» EXERCISE BRIEF:
Throughout the records below, find each line holding "deliver" and copy it.

» THE DATA:
----------------

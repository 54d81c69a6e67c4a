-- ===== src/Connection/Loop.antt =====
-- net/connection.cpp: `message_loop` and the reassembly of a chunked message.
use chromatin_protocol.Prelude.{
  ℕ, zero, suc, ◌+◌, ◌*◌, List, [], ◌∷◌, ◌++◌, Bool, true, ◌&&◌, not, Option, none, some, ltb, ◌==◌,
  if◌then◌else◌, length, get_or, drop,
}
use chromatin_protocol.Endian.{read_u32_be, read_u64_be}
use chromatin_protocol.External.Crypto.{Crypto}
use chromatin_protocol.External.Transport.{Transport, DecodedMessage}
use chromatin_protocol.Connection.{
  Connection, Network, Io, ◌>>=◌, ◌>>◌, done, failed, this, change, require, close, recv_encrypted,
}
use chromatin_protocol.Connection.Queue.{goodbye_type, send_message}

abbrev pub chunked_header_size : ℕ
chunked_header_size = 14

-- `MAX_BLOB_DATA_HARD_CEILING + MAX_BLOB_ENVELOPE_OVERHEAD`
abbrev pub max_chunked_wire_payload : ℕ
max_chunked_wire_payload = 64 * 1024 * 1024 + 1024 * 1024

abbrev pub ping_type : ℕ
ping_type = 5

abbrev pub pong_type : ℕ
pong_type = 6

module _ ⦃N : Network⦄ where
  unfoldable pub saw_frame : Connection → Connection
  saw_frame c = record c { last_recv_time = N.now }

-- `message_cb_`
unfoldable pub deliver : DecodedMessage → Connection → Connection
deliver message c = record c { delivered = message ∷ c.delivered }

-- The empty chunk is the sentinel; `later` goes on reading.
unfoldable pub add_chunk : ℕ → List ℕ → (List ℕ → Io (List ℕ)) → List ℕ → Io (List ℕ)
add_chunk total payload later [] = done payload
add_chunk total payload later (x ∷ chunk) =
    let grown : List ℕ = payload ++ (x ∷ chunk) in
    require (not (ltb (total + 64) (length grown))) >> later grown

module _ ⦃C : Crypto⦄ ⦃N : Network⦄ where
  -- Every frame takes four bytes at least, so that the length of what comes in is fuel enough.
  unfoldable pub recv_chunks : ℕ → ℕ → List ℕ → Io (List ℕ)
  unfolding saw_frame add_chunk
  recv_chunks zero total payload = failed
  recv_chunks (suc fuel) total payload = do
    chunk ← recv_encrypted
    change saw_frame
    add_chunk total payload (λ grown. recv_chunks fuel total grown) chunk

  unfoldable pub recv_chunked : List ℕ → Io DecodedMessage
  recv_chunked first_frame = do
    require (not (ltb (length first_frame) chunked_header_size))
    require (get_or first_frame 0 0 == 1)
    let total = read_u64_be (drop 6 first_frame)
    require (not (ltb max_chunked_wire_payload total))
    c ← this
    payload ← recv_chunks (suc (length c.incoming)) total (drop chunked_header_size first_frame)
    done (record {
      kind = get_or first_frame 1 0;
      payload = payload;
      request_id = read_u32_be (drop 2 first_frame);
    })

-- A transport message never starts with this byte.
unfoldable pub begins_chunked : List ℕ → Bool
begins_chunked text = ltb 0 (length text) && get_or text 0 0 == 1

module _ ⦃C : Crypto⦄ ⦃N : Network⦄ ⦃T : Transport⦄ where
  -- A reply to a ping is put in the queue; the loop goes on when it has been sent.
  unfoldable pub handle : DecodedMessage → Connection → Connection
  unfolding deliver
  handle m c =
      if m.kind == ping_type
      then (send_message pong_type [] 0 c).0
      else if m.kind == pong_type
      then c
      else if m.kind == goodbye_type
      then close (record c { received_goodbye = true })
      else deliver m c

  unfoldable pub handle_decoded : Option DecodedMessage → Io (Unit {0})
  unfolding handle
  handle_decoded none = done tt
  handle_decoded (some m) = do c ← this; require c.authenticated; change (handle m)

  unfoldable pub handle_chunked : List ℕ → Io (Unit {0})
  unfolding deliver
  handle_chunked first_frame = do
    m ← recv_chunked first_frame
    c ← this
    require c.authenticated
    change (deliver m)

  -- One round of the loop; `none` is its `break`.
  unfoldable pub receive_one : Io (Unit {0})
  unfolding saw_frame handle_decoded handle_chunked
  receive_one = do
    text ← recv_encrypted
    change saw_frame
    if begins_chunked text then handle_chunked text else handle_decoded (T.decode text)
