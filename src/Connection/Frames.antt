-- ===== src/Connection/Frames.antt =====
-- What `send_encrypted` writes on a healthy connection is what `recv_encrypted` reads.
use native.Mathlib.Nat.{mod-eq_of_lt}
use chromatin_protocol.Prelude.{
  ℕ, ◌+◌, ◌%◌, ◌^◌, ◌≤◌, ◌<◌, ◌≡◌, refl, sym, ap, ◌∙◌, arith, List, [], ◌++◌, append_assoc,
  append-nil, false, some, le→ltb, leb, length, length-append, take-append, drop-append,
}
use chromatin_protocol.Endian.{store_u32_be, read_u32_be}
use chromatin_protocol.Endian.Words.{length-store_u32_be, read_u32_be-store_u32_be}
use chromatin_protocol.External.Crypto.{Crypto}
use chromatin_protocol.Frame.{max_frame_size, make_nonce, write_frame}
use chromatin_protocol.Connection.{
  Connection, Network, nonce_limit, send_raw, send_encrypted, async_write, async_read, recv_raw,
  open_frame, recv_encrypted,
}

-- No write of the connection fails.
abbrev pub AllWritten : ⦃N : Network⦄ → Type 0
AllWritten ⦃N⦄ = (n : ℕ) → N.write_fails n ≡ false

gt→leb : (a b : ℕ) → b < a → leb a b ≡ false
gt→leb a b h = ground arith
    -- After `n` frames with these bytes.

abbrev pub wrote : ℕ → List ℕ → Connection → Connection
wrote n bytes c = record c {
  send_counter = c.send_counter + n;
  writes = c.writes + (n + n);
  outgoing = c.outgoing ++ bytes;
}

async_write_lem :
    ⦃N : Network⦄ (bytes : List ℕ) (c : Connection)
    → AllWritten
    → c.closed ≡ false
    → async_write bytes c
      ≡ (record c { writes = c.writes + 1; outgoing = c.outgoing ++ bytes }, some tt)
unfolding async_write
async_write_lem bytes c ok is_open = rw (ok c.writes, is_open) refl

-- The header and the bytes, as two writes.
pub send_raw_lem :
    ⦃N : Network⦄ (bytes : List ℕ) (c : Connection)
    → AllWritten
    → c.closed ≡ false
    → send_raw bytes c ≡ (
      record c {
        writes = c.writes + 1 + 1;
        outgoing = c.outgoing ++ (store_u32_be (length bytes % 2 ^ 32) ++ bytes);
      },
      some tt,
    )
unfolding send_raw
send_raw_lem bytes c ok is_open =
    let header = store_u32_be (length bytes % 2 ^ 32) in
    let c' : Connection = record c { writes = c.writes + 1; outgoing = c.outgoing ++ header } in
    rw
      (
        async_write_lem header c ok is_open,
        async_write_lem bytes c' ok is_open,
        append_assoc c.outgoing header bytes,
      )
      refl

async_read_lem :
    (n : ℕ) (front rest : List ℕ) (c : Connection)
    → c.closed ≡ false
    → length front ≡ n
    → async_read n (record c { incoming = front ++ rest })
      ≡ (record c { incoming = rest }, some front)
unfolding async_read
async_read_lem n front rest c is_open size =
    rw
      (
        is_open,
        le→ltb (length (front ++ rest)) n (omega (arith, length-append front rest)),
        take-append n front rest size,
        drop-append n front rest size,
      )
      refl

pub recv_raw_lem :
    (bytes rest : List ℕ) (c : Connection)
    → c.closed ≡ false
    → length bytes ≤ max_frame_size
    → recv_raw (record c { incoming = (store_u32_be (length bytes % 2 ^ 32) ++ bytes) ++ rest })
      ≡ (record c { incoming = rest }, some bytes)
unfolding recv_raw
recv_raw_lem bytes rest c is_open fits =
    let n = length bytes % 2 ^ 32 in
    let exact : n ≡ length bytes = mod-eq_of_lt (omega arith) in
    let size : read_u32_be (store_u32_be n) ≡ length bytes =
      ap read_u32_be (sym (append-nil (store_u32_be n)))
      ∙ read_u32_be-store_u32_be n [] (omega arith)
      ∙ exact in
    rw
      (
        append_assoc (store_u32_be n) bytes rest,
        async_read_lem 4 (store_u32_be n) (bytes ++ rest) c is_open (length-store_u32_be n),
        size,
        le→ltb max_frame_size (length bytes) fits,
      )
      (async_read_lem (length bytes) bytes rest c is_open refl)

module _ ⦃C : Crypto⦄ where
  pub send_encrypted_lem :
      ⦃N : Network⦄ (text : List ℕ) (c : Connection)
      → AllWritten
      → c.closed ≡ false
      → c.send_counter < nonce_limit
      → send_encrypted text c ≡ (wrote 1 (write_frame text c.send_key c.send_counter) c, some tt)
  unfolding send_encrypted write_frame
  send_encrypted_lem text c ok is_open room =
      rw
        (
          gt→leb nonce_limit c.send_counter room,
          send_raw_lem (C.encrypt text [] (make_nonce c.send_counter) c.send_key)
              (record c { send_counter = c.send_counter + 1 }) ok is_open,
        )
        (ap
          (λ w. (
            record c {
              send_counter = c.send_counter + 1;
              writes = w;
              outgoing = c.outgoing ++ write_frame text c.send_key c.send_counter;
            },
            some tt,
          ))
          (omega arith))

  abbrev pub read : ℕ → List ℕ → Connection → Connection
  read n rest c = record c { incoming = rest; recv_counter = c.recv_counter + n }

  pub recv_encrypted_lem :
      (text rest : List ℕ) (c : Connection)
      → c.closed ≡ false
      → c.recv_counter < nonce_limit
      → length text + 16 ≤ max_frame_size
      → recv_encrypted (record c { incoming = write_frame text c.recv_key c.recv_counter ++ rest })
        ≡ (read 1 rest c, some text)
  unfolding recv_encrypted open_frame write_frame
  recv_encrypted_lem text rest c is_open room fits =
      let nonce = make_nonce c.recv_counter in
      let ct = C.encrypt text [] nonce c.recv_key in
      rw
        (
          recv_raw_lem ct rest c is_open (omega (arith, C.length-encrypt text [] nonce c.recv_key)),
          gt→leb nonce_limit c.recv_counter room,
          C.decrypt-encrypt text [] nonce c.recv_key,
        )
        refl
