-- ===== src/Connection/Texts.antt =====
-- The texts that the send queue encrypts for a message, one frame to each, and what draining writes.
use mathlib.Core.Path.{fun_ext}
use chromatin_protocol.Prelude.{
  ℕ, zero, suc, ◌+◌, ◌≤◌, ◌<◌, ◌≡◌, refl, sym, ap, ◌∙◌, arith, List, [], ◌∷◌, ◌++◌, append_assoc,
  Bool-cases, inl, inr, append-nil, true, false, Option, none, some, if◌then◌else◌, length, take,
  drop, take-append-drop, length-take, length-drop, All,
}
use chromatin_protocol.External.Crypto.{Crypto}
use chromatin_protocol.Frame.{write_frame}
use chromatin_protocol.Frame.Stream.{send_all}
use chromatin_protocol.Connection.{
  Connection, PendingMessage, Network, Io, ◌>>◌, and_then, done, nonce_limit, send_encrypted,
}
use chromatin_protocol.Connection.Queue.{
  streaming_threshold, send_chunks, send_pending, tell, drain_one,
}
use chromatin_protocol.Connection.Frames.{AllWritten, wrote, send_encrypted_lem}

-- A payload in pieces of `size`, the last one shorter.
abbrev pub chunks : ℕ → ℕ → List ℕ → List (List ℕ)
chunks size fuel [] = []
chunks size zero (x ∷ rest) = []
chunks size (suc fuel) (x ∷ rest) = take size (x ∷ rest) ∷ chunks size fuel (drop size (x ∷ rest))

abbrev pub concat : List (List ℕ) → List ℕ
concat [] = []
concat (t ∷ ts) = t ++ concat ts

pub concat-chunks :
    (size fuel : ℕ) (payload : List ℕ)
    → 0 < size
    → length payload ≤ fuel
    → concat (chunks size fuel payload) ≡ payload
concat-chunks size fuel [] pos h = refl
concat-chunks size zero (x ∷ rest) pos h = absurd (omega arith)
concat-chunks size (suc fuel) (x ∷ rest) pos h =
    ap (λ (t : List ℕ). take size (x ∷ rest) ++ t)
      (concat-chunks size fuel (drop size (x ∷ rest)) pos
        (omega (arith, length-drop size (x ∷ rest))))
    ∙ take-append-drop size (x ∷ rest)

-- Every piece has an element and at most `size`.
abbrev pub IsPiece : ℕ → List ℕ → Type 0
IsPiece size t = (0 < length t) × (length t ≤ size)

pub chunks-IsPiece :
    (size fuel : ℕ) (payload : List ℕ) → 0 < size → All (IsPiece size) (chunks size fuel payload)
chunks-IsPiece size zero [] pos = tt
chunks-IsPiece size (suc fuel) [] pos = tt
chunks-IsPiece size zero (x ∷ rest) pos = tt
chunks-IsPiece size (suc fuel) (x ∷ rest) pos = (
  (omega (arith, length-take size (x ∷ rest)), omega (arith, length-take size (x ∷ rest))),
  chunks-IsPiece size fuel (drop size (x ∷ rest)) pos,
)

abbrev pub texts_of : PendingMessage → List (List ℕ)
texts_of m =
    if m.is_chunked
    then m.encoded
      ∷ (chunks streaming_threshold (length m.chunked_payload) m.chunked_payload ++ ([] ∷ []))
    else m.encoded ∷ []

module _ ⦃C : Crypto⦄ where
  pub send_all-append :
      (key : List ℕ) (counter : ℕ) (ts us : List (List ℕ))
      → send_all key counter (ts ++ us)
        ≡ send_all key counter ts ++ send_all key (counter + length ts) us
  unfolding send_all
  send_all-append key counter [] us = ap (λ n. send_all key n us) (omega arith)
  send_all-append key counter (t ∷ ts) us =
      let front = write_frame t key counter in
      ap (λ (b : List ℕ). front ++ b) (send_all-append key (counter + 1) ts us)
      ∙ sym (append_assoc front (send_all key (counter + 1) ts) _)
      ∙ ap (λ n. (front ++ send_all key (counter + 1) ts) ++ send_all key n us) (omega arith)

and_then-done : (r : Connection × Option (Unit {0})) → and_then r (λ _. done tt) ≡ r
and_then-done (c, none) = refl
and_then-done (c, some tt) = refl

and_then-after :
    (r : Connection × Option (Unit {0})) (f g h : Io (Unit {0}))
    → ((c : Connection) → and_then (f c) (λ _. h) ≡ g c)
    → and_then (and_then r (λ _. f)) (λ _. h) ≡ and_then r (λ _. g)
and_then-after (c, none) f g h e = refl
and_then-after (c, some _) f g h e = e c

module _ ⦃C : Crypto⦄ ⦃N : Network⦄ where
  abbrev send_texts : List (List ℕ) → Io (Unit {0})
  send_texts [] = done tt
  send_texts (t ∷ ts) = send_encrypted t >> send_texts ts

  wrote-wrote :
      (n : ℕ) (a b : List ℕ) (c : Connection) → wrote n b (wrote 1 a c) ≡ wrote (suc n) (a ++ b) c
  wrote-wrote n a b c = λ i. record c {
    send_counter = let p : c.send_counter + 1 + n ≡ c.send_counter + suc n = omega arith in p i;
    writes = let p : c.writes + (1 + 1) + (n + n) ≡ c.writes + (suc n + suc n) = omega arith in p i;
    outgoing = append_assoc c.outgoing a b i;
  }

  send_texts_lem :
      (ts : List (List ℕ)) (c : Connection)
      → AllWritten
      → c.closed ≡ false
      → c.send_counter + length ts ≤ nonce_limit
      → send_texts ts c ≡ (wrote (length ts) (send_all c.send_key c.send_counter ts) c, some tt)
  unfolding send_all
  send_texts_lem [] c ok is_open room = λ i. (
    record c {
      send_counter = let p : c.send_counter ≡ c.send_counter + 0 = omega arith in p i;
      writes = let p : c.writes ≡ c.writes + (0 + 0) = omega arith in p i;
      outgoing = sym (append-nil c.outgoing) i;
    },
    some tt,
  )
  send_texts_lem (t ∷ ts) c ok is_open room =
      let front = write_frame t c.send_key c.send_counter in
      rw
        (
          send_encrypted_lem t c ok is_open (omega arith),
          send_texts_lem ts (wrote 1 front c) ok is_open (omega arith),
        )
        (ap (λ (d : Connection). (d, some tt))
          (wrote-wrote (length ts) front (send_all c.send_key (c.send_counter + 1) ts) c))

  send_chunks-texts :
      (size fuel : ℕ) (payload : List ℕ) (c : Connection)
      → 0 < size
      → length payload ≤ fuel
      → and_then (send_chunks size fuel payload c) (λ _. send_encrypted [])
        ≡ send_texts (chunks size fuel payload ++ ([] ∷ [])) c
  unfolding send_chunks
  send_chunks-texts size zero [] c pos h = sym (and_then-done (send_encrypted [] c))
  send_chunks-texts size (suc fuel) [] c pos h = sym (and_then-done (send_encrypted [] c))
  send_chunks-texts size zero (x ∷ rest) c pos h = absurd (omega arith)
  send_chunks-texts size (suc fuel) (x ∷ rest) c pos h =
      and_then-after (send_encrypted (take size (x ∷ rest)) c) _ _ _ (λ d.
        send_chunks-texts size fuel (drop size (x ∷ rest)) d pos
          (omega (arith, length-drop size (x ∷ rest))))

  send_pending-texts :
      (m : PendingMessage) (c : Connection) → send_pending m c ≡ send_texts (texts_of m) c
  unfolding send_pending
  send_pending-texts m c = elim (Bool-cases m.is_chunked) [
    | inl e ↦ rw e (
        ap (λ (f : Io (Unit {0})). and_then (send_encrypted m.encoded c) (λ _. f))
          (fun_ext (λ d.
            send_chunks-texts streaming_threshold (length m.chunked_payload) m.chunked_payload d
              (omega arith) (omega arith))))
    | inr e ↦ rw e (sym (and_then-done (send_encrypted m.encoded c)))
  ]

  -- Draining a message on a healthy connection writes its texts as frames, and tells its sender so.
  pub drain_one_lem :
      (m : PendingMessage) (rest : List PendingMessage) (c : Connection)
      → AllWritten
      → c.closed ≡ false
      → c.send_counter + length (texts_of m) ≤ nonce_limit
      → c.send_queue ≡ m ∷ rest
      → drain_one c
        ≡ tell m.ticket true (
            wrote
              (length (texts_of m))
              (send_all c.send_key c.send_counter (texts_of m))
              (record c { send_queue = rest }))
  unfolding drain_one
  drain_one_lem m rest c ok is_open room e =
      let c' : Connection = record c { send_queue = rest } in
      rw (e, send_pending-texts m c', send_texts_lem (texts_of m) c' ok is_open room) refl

----------------

» THE ANSWER:
unfoldable pub deliver : DecodedMessage → Connection → Connection
deliver message c = record c { delivered = message ∷ c.delivered }
  unfolding deliver
      else deliver m c
  unfolding deliver
    change (deliver m)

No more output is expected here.